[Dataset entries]

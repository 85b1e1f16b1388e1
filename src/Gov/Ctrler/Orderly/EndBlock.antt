-- ===== src/Gov/Ctrler/Orderly/EndBlock.antt =====
-- ctrlers/gov/ctrler_block.go: EndBlock succeeds on a ledger in order and leaves it in order.
use beatoz_go.Base.{
  ℕ, ◌≡◌, refl, sym, ◌∙◌, subst, Bool, true, false, Option, none, some, [], ◌∷◌, Result, ok,
  if◌then◌else◌,
}
use beatoz_go.Base.Bytes.{Bytes, bytes_eq, has_prefix}
use beatoz_go.Ledger.Keys.{
  ledger_key_proposal, ledger_key_frozen_prop, ledger_key_gov_params, key_prefix_proposal,
  key_prefix_frozen_prop,
}
use beatoz_go.Ledger.Map.{Store, IsMap}
use beatoz_go.Ledger.Map.Seek.{Seeker, IsListed}
use beatoz_go.Gov.Proposal.{Proposal}
use beatoz_go.Gov.Params.{GovParams}
use beatoz_go.Gov.Ctrler.{GovItem, proposal_item, GovCtrler, gov_keyed}
use beatoz_go.Gov.Ctrler.Blocks.{end_block}
use beatoz_go.Gov.Ctrler.Freeze.{judge}
use beatoz_go.Gov.Ctrler.Freeze.Views.{AreVotable, IsFrozenAt, freeze_proposals_exact}
use beatoz_go.Gov.Ctrler.Apply.{IsApplicable}
use beatoz_go.Gov.Ctrler.Apply.Views.{AreApplicable, IsApplied, due_now, apply_proposals_exact}
use beatoz_go.Gov.Ctrler.Orderly.{IsOpen, split_prefix, left_open-some, newly_ready}

if_none :
    (b : Bool) (o : Option GovItem) (i : GovItem) → (if b then none else o) ≡ some i → o ≡ some i
if_none true o i e = cc
if_none false o i e = e

open_not_frozen :
    (h : Bytes) → has_prefix (ledger_key_proposal h) (key_prefix_frozen_prop ∷ []) ≡ false
unfolding has_prefix ledger_key_proposal
open_not_frozen h = refl

params_not_open : (h : Bytes) → bytes_eq ledger_key_gov_params (ledger_key_proposal h) ≡ false
unfolding ledger_key_gov_params ledger_key_proposal bytes_eq
params_not_open h = refl

module _ (s : Store GovItem) (k : Seeker s) (m : IsMap s) (l : IsListed m k)
    (parse : Bytes → Result GovParams) where
  -- The side for execution: open proposals can be decided, and frozen ones applied.
  pub record IsOrderly (st : s.State) : Type 0 where
    pub is_valid : m.IsValid st
    pub open_ones :
        (h : Bytes) (item : GovItem)
        → m.view st true (ledger_key_proposal h) ≡ some item
        → (p : Proposal) × (item ≡ proposal_item p) × IsOpen parse (ledger_key_proposal h) p
    pub frozen_ones :
        (h : Bytes) (item : GovItem)
        → m.view st true (ledger_key_frozen_prop h) ≡ some item
        → IsApplicable parse (ledger_key_frozen_prop h) item

  after_freeze :
      (height : ℕ) (st st' : s.State)
      → IsOrderly st
      → IsFrozenAt s k m l parse height st st'
      → IsOrderly st'
  after_freeze height st st' ord f = record {
    is_valid = f.still_valid;
    open_ones = λ h item e. ord.open_ones h item (
        left_open-some (judge height (m.view st true (ledger_key_proposal h)))
          (m.view st true (ledger_key_proposal h)) item (sym (f.open_at h) ∙ e));
    frozen_ones = λ h item e.
        newly_ready parse height h (m.view st true (ledger_key_proposal h))
          (m.view st true (ledger_key_frozen_prop h)) item (λ i g. ord.open_ones h i g)
          (λ i g. ord.frozen_ones h i g) (sym (f.frozen_at h) ∙ e);
  }

  after_apply :
      (height : ℕ) (next : Option GovParams) (st st' : s.State)
      → IsOrderly st
      → IsApplied s k m l parse height next st st'
      → IsOrderly st'
  after_apply height next st st' ord a = record {
    is_valid = a.still_valid;
    open_ones = λ h item e.
        ord.open_ones h item
          (sym (a.elsewhere (ledger_key_proposal h) (open_not_frozen h) (params_not_open h)) ∙ e);
    frozen_ones = λ h item e. ord.frozen_ones h item (
        if_none (due_now height (m.view st true (ledger_key_frozen_prop h)))
          (m.view st true (ledger_key_frozen_prop h)) item (sym (a.frozen_at h) ∙ e));
  }

  votable : (st : s.State) → IsOrderly st → AreVotable s k m l parse st
  unfolding ledger_key_proposal
  votable st ord j item u e =
      let (h, is) = split_prefix key_prefix_proposal j u in
      let (p, is_p, o) = ord.open_ones h item (subst (λ y. m.view st true y ≡ some item) is e) in
      (p, is_p, is ∙ o.key_is, o.some_there)

  applicable : (st : s.State) → IsOrderly st → AreApplicable s k m l parse st
  unfolding ledger_key_frozen_prop
  applicable st ord j item u e =
      let (h, is) = split_prefix key_prefix_frozen_prop j u in
      subst (λ y. IsApplicable parse y item) (sym is)
        (ord.frozen_ones h item (subst (λ y. m.view st true y ≡ some item) is e))

  -- EndBlock at any height succeeds on a ledger in order, leaves it in order, and leaves the current
  -- parameters and the side for checking as they were.
  pub end_block-IsOrderly :
      (height : ℕ) (c : GovCtrler s k parse)
      → IsOrderly c.gov_state
      → (c' : GovCtrler s k parse) × (end_block s k parse height c ≡ (ok tt, c'))
        × IsOrderly c'.gov_state
        × (c'.gov_params ≡ c.gov_params)
        × ((j : Bytes) → m.view c'.gov_state false j ≡ m.view c.gov_state false j)
  unfolding end_block
  end_block-IsOrderly height c ord =
      let (keys, st1, froze, f) =
        freeze_proposals_exact s k m l parse height c ord.is_valid (votable c.gov_state ord) in
      let c1 : GovCtrler s k parse = record c { gov_state = st1 } in
      let ord1 = after_freeze height c.gov_state st1 ord f in
      let (done, next, st2, applied, next_is, a) =
        apply_proposals_exact s k m l parse height c1 ord1.is_valid (applicable st1 ord1) in
      (
        record c { new_gov_params = next; gov_state = st2 },
        rw (froze, applied) refl,
        after_apply height next st1 st2 ord1 a,
        refl,
        λ j. a.checking_side j ∙ f.checking_side j,
      )
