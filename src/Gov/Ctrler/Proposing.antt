-- ===== src/Gov/Ctrler/Proposing.antt =====
-- ctrlers/gov/ctrler.go: the proposal that an accepted transaction creates.
pub mod Run
use beatoz_go.Base.{
  ℕ, zero, suc, ◌<◌, ◌^◌, ◌≡◌, ◌≢◌, refl, sym, ap, ◌∙◌, subst, Bool, true, false, not, ◌&&◌, ◌||◌,
  Option, none, some, List, [], ◌∷◌, ◌++◌, Result, ok, err, panic, Status, fail_if, ◌>>=◌, ◌>>◌,
  if◌then◌else◌, Bool-cases, Option-cases, inl, inr, ◌==◌, arith, length, invalid_trx, no_right,
  duplicated_key, not_found_result, XError,
}
use mathlib.Core.List.{append_assoc, append-nil}
use beatoz_go.Base.Words.{add64, slt64, sle64, div64}
use beatoz_go.Base.Bytes.{Bytes, bytes_eq, bytes_eq_sound, or_empty}
use beatoz_go.Ledger.Keys.{ledger_key_proposal}
use beatoz_go.Ledger.Mutable.{attempt}
use beatoz_go.Ledger.Map.{Store, IsMap, same_side, found_or_missing}
use beatoz_go.Ledger.Map.Seek.{Seeker}
use beatoz_go.Types.Trx.{Trx, Payload, ProposalPayload, proposal}
use beatoz_go.Gov.Proposal.{
  Proposal, Voter, VoteOption, not_choice, majority_of, new_gov_proposal, add_option, add_voter,
  find_voter, with_voters,
}
use beatoz_go.Gov.Tally.{votes_for, votes_at, changed}
use beatoz_go.Gov.Voting.{IsRecount, InRange}
use beatoz_go.Gov.Invariant.{IsTallied, All}
use beatoz_go.Gov.Params.{GovParams}
use beatoz_go.Gov.Ctrler.{
  GovItem, proposal_item, zero_address, on_state, GovCtrler, proposal_payload, or_payload_type,
  or_nil, absent, add_voters, add_options, check_proposal, validate_proposal, exec_proposing,
  gov_keyed,
}
use beatoz_go.Gov.Ctrler.Opening.{
  All-add_voters, IsFresh, NoVotes-fresh, NoVotes-votes_at, PowersFit, add_options_lem,
  add_voters_lem, as_voter, find_voter-add_voters, fresh_options, votes_for-fresh,
}

majority_total : (total : ℕ) → (n : ℕ) × (majority_of total ≡ ok n)
unfolding div64
majority_total total = (_, refl)

-- What ValidateTrx establishes of a payload's heights and options.
pub record IsProposable (g : GovParams) (height : ℕ) (pl : ProposalPayload) : Type 0 where
  pub starts_later : slt64 height pl.start_voting_height ≡ true
  pub long_enough : slt64 pl.voting_period_blocks g.min_voting_period_blocks ≡ false
  pub short_enough : slt64 g.max_voting_period_blocks pl.voting_period_blocks ≡ false
  pub ends_after_start :
      slt64 (add64 pl.start_voting_height pl.voting_period_blocks) pl.start_voting_height ≡ false
  pub applies_after_end :
      slt64 pl.applying_height (add64 pl.start_voting_height pl.voting_period_blocks) ≡ false
  pub has_options : pl.options ≢ []

later : (a b : ℕ) → sle64 a b ≡ false → slt64 b a ≡ true
later a b h = ground arith

some_options : (os : List Bytes) → (length os == 0) ≡ false → os ≢ []
some_options [] h e = cc
some_options (o ∷ os) h e = cc

-- A chain of checks succeeds if each does.
fail_if_passed {ℓ} :
    {A : Type ℓ} (b : Bool) (x : XError) (rest : Result A) (a : A)
    → (do fail_if b x; rest) ≡ ok a
    → (b ≡ false) × (rest ≡ ok a)
fail_if_passed true x rest a e = cc
fail_if_passed false x rest a e = (refl, e)

fail_if_last : (b : Bool) (x : XError) → fail_if b x ≡ ok tt → b ≡ false
fail_if_last true x e = cc
fail_if_last false x e = refl

step_passed : (first rest : Status) → (first >> rest) ≡ ok tt → (first ≡ ok tt) × (rest ≡ ok tt)
step_passed panic rest e = cc
step_passed (err x) rest e = cc
step_passed (ok _) rest e = (refl, e)

or_false : (a b : Bool) → (a || b) ≡ false → (a ≡ false) × (b ≡ false)
or_false true b e = cc
or_false false b e = (refl, e)

check_proposal_lem :
    (s : Store GovItem) (k : Seeker s) (parse : Bytes → Result GovParams) (g : GovParams)
    (height : ℕ) (pl : ProposalPayload)
    → check_proposal s k parse g height pl ≡ ok tt
    → IsProposable g height pl
unfolding check_proposal
check_proposal_lem s k parse g height pl e =
    let (a, e1) = fail_if_passed _ _ _ tt e in
    let (b, e2) = fail_if_passed _ _ _ tt e1 in
    let (c, e3) = step_passed _ _ e2 in
    let (d, e4) = fail_if_passed _ _ _ tt e3 in
    let (f, e5) = fail_if_passed _ _ _ tt e4 in
    let n = fail_if_last _ _ e5 in
    let (b1, b2) = or_false _ _ b in
    let (f1, f2) = or_false _ _ f in
    record {
      starts_later = later pl.start_voting_height height a;
      long_enough = b2;
      short_enough = b1;
      ends_after_start = d;
      applies_after_end = f2;
      has_options = some_options pl.options n;
    }

-- A new proposal: its voters are the validators, its options those of the payload, without votes.
pub record IsOpened (vals : List (Bytes × ℕ)) (total : ℕ) (txhash : Bytes) (pl : ProposalPayload)
    (p : Proposal) : Type 0 where
  pub hash_is : p.header.tx_hash ≡ txhash
  pub total_is : p.header.total_voting_power ≡ total
  pub voters_are : (addr : Bytes) → find_voter addr p.header.voters ≡ as_voter addr vals
  pub options_are : p.options ≡ fresh_options pl.options
  pub start_is : p.header.start_voting_height ≡ pl.start_voting_height
  pub end_is : p.header.end_voting_height ≡ add64 pl.start_voting_height pl.voting_period_blocks
  pub apply_is : p.header.apply_height ≡ pl.applying_height
  pub tallied : IsTallied p

InRange-unset : (n : ℕ) (c : ℕ) → c ≡ not_choice → InRange n c
InRange-unset n c e = rw e tt

All-tallied :
    (vs : List Voter) (n : ℕ)
    → All IsFresh vs
    → All (λ v. v.power < 2 ^ 64) vs × All (λ v. InRange n v.choice) vs
All-tallied [] n a = (tt, tt)
All-tallied (v ∷ vs) n ((unset, h), a) =
    let (b, c) = All-tallied vs n a in ((h, b), (InRange-unset n v.choice unset, c))

open_proposal :
    (vals : List (Bytes × ℕ)) (total : ℕ) (txhash : Bytes) (pl : ProposalPayload)
    → PowersFit vals
    → (p : Proposal) × ((do
      prop ←
          new_gov_proposal pl.opt_type txhash pl.start_voting_height pl.voting_period_blocks total
            pl.applying_height
      ok (add_options pl.options (add_voters vals prop)))
        ≡ ok p)
      × IsOpened vals total txhash pl p
unfolding new_gov_proposal as_voter find_voter
open_proposal vals total txhash pl fit =
    let (n, majority) = majority_total total in
    let bare : Proposal = record {
      header = record {
        prop_type = pl.opt_type;
        tx_hash = txhash;
        start_voting_height = pl.start_voting_height;
        end_voting_height = add64 pl.start_voting_height pl.voting_period_blocks;
        apply_height = pl.applying_height;
        total_voting_power = total;
        majority_power = n;
        voters = [];
      };
      options = [];
      major_option = none;
    } in
    let vs = (add_voters vals bare).header.voters in
    let made : Proposal = record (with_voters vs bare) { options = fresh_options pl.options } in
    let is_made : add_options pl.options (add_voters vals bare) ≡ made =
      ap (add_options pl.options) (add_voters_lem vals bare)
      ∙ add_options_lem pl.options (with_voters vs bare) in
    let fresh = All-add_voters vals bare fit tt in
    let (fits, choices) = All-tallied vs (length (fresh_options pl.options)) fresh in
    (
      made,
      rw majority (ap ok is_made),
      record {
        hash_is = refl;
        total_is = refl;
        voters_are = λ addr. find_voter-add_voters addr vals bare;
        options_are = refl;
        start_is = refl;
        end_is = refl;
        apply_is = refl;
        tallied = record {
          recounted = λ i.
              rw (votes_for-fresh i vs fresh)
                (NoVotes-votes_at i (fresh_options pl.options) (NoVotes-fresh pl.options));
          powers_fit = fits;
          choices_fit = choices;
        };
      },
    )
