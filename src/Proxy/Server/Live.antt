-- ===== src/Proxy/Server/Live.antt =====
-- The whole server, from the environment of the process to the answer of a request, while the file
-- of credentials is reloaded.
use s3proxy4gcs.Base.{◌≡◌, false, Bool, some, List, Option, Text, Dict}
use s3proxy4gcs.Base.Result.{ok}
use s3proxy4gcs.Config.{Settings}
use s3proxy4gcs.Config.Env.{Environment}
use s3proxy4gcs.Config.Load.{load_config}
use s3proxy4gcs.Http.{Credentials, Request}
use s3proxy4gcs.CredStore.{find}
use s3proxy4gcs.CredStore.Watch.{Event}
use s3proxy4gcs.Proxy.Monad.{State, M, Plane}
use s3proxy4gcs.Proxy.Client.{Env}
use s3proxy4gcs.Proxy.Credentials.{request_key}
use s3proxy4gcs.Proxy.Rules.Answers.{IsIn, open_phase, answered, Leads}
use s3proxy4gcs.Proxy.Answers.Settled.{IsSettled}
use s3proxy4gcs.Proxy.Director.{Outgoing, Url, Signer, director}
use s3proxy4gcs.Proxy.Director.Prepared.{IsSigned}
use s3proxy4gcs.Proxy.Startup.{store_after}
use s3proxy4gcs.Proxy.Startup.Reloaded.{handle_s3_request-reloaded}
use s3proxy4gcs.Proxy.Startup.Live.{director-handle_s3_request}
use s3proxy4gcs.Proxy.Server.{Router, serve}
use s3proxy4gcs.Proxy.Server.Routed.{IsRouter, serve-IsSettled, serve-forwarded}

module _ {W : Type 0} (unmarshal : Text → Option (Dict Text)) (read_file : Text → Option Text)
    (vars : Environment) (settings : Settings) (creates adds : Bool) (chi : Router W)
    (law : IsRouter chi) (env : Env W) (scrape : M W (Unit {0})) (r : Request) (s : State W)
    (open_s : IsIn open_phase s) (scraped : Leads open_phase answered scrape)
    (loaded : load_config unmarshal read_file vars ≡ ok settings) where
  -- If the environment of the process loads to a configuration, the router picks only routes that
  -- are registered for the method of the request, and the page of /metrics is an answer that
  -- forwards nothing, then every request, of any path and method, is answered by the proxy or
  -- handed to a reverse proxy, and never both: whatever the watcher of the credential file has
  -- received before each of the times that the handler reads the store, and whether or not that
  -- watcher could start.
  pub serve-reloaded :
      (at_gate at_validation : List Event)
      → env.store_at_gate ≡ store_after unmarshal settings creates adds at_gate
      → env.store_at_validation ≡ store_after unmarshal settings creates adds at_validation
      → IsSettled (serve chi env scrape r s).1
  serve-reloaded at_gate at_validation gate validation =
      serve-IsSettled chi law env scrape r s open_s scraped (
        handle_s3_request-reloaded unmarshal read_file vars settings creates adds env r s at_gate
          at_validation loaded gate validation open_s)

  -- If the environment of the process loads to a configuration that is to reach the storage service
  -- (no dry run), the router picks only routes that are registered for the method of the request,
  -- the page of /metrics is an answer that forwards nothing, and the request finds at the gate the
  -- store of a server whose watcher has received any events at all, then whatever the server
  -- forwards, the director signs with the secret that the store has for the client's own key when
  -- it is looked up.
  pub director-serve :
      settings.dry_run ≡ false
      → (at_gate : List Event)
      → env.store_at_gate ≡ store_after unmarshal settings creates adds at_gate
      → (p : Plane) (r' : Request) → (serve chi env scrape r s).1.forwarded ≡ some (p, r')
      → (url : Url) (encode : Dict Text → Text) (md5_base64 : Text → Text) (sign_http : Signer)
        (o : Outgoing)
      → o.request.resolved_creds ≡ r'.resolved_creds
      → (creds : Credentials) × (request_key r ≡ some creds.access_key_id)
        × (find env.store_at_lookup creds.access_key_id ≡ some creds.secret_access_key)
        × IsSigned settings url encode md5_base64 sign_http
            (some creds)
            o
            (director settings url encode md5_base64 sign_http o)
  director-serve live at_gate gate p r' sent url encode md5_base64 sign_http o same =
      director-handle_s3_request unmarshal read_file vars settings creates adds env r s at_gate
        loaded live gate open_s p r'
        (serve-forwarded chi law env scrape r s open_s scraped p r' sent) url encode md5_base64
        sign_http o same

Required work → Return exactly the lines above from the line that has "pub options_are : p.options" through the line that has "txhash pl p", inclusive, and nothing else.

Solution →
  pub options_are : p.options ≡ fresh_options pl.options
  pub start_is : p.header.start_voting_height ≡ pl.start_voting_height
  pub end_is : p.header.end_voting_height ≡ add64 pl.start_voting_height pl.voting_period_blocks
  pub apply_is : p.header.apply_height ≡ pl.applying_height
  pub tallied : IsTallied p

InRange-unset : (n : ℕ) (c : ℕ) → c ≡ not_choice → InRange n c
InRange-unset n c e = rw e tt

All-tallied :
    (vs : List Voter) (n : ℕ)
    → All IsFresh vs
    → All (λ v. v.power < 2 ^ 64) vs × All (λ v. InRange n v.choice) vs
All-tallied [] n a = (tt, tt)
All-tallied (v ∷ vs) n ((unset, h), a) =
    let (b, c) = All-tallied vs n a in ((h, b), (InRange-unset n v.choice unset, c))

open_proposal :
    (vals : List (Bytes × ℕ)) (total : ℕ) (txhash : Bytes) (pl : ProposalPayload)
    → PowersFit vals
    → (p : Proposal) × ((do
      prop ←
          new_gov_proposal pl.opt_type txhash pl.start_voting_height pl.voting_period_blocks total
            pl.applying_height
      ok (add_options pl.options (add_voters vals prop)))
        ≡ ok p)
      × IsOpened vals total txhash pl p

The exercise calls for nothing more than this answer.